All of this percolates in the back of your mind when you watch The Substance. And though it’s easy to accuse Fargeat’s movie of hating both the player and the game in terms of chasing the eternal fountain of Tinseltown youth, it’s Moore’s complicated history with Hollywood and her body — something her 2019 memoir Inside Out digs into with gusto — that informs so much of Sparkle’s insecurity, her anxiety, her hope for a second chance and her rage at what’s ultimately a betrayal. Our relationship with this woman we’ve watched onscreen for decades is purposefully invoked in every scene of this body-horror film, and that’s before the VFX team starts to show you what happens when she reneges on the makeover program’s requirement to switch every seven days between Sparkle: Original Recipe and Sparkle: Extra-Crispy. The most unnerving sequence, however, doesn’t involve the grotesque use of deforming prosthetics or digital mutilation. It simply keeps the camera on Moore as she looks in the mirror, smearing makeup off her face she’s applied in last-ditch effort to appear attractive for a male suitor. The pain is so palpable you almost can’t watch it.
Yet The Substance feels like a victory lap for Moore, because she’s finally gotten to a point where the digs about her being a diva, the necessity of primping and preening for some decision-maker in a designer suit, and the endless but-is-she-hot-enough handwringing is behind her.
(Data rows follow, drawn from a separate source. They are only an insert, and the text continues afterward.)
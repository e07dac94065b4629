-- ===== src/Config/Parse.antt =====
-- src/config.rs (duration_serde, optional_duration_serde) and src/main.rs (parse_duration): durations
-- as text.
use tak_bench.Prelude.{
  Bool, ◌&&◌, ℕ, ◌*◌, ◌%◌, Option, none, some, ◌++◌, leb, if◌then◌else◌, unwrap_or, length, take,
  drop,
}
use tak_bench.Prelude.Bytes.{Str, bytes, str_eq}
use tak_bench.Prelude.Time.{Duration, from_secs, as_secs, saturating_mul_u64, u64_mod}
use tak_bench.Config.Text.{trim, find_non_digit, parse_u64, decimal}

-- The result of a reader that can also panic.
pub data Parsed : Type 0 where
  parsed : Duration → Parsed
  rejected : Str → Parsed
  panicked : Parsed

-- `str::split_at` panics past the end of the text. A digit run ends at a character boundary.
unfoldable pub split_at : ℕ → Str → Option (Str × Str)
split_at mid text = if leb mid (length text) then some (take mid text, drop mid text) else none

-- `raw.trim().split_at(raw.trim().find(..).unwrap_or(raw.len()))`
unfoldable pub split_unit : Str → Option (Str × Str)
unfolding split_at
split_unit raw = split_at (unwrap_or (find_non_digit (trim raw)) (length raw)) (trim raw)

-- `match unit { .. }` with the minutes and hours as seconds by `scale`
unfoldable pub scale_unit : (ℕ → ℕ → ℕ) → Str → ℕ → Str → Parsed
scale_unit scale raw value unit =
    if str_eq unit (bytes "s")
    then parsed (from_secs value)
    else if str_eq unit (bytes "m")
    then parsed (from_secs (scale value 60))
    else if str_eq unit (bytes "h")
    then parsed (from_secs (scale value 3600))
    else rejected raw

-- The number, with its unit, or the error of a number that cannot be read
unfoldable pub scaled : (ℕ → ℕ → ℕ) → Str → Str → Option ℕ → Parsed
scaled scale raw unit none = rejected raw
scaled scale raw unit (some value) = scale_unit scale raw value unit

unfoldable pub read_value : (ℕ → ℕ → ℕ) → Str → Option (Str × Str) → Parsed
read_value scale raw none = panicked
read_value scale raw (some (number, unit)) = scaled scale raw unit (parse_u64 number)

-- `duration_serde::parse_duration`: the products saturate.
unfoldable pub parse_duration : Str → Parsed
unfolding read_value split_unit
parse_duration raw = read_value saturating_mul_u64 raw (split_unit raw)

-- `value * 60`: a product that is out of range panics where overflow is checked, as in a debug build, and
-- wraps where it is not, as in a release build.
unfoldable pub product : Bool → ℕ → ℕ → Parsed
product checks a b =
    if checks && leb u64_mod (a * b) then panicked else parsed (from_secs (a * b % u64_mod))

unfoldable pub cli_unit : Bool → ℕ → Str → Parsed
cli_unit checks value unit =
    if str_eq unit (bytes "s")
    then parsed (from_secs value)
    else if str_eq unit (bytes "m")
    then product checks value 60
    else if str_eq unit (bytes "h")
    then product checks value 3600
    else rejected (bytes "duration must use s, m, or h")

unfoldable pub cli_scaled : Bool → Str → Option ℕ → Parsed
cli_scaled checks unit none = rejected (bytes "duration needs a numeric value")
cli_scaled checks unit (some value) = cli_unit checks value unit

unfoldable pub cli_value : Bool → Option (Str × Str) → Parsed
cli_value checks none = panicked
cli_value checks (some (number, unit)) = cli_scaled checks unit (parse_u64 number)

-- `parse_duration` of src/main.rs
unfoldable pub parse_cli_duration : Bool → Str → Parsed
unfolding split_unit
parse_cli_duration checks raw = cli_value checks (split_unit raw)

-- `duration_serde::serialize`: whole seconds.
unfoldable pub serialize_duration : Duration → Str
serialize_duration d = decimal (as_secs d) ++ bytes "s"

unfoldable pub serialize_optional_duration : Option Duration → Option Str
serialize_optional_duration none = none
serialize_optional_duration (some d) = some (serialize_duration d)

-- `optional_duration_serde::deserialize`: no text, or one that must be a duration
unfoldable pub deserialize_optional_duration : Option Str → Option Parsed
deserialize_optional_duration none = none
deserialize_optional_duration (some raw) = some (parse_duration raw)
She may show a lot of skin in Fargeat’s film, but not because she’s trying to seduce anyone or secure her place in the filmmaking food chain. Moore has not been cancelled by her age — she’s become comfortable with it. That career-best performance Moore is giving in this scathing horror film is likely so vulnerable, so figuratively naked, because she revoked her membership in the showbiz club that demanded so much of her, then derided her for complying.
In fact, the key to understanding what she’s doing in The Substance may not be those early-to-mid-1990s roles at all. It may rest in another, far more brief appearance she makes in a 2024 movie. Hitting Hulu less than a month after Fargeat’s magnum opus premiered at Cannes, Brats follows filmmaker and fellow Brat Packer Andrew McCarthy as he tries to make sense of his involvement in that long-lost Eighties phenomenon. When he gets to his St. Elmo’s Fire costar’s house, which resembles a cross between a Zen retreat and a luxury spa, Moore lovingly greets him and reminisces about the craziness of it all. More than anything, she seems remarkably at peace with herself. You immediately get the sense that she has no need for making herself a celebrity commodity anymore. And it’s that sense of knowing who she is now is what undoubtedly allowed her to go to Sparkle’s dark places and let some light in.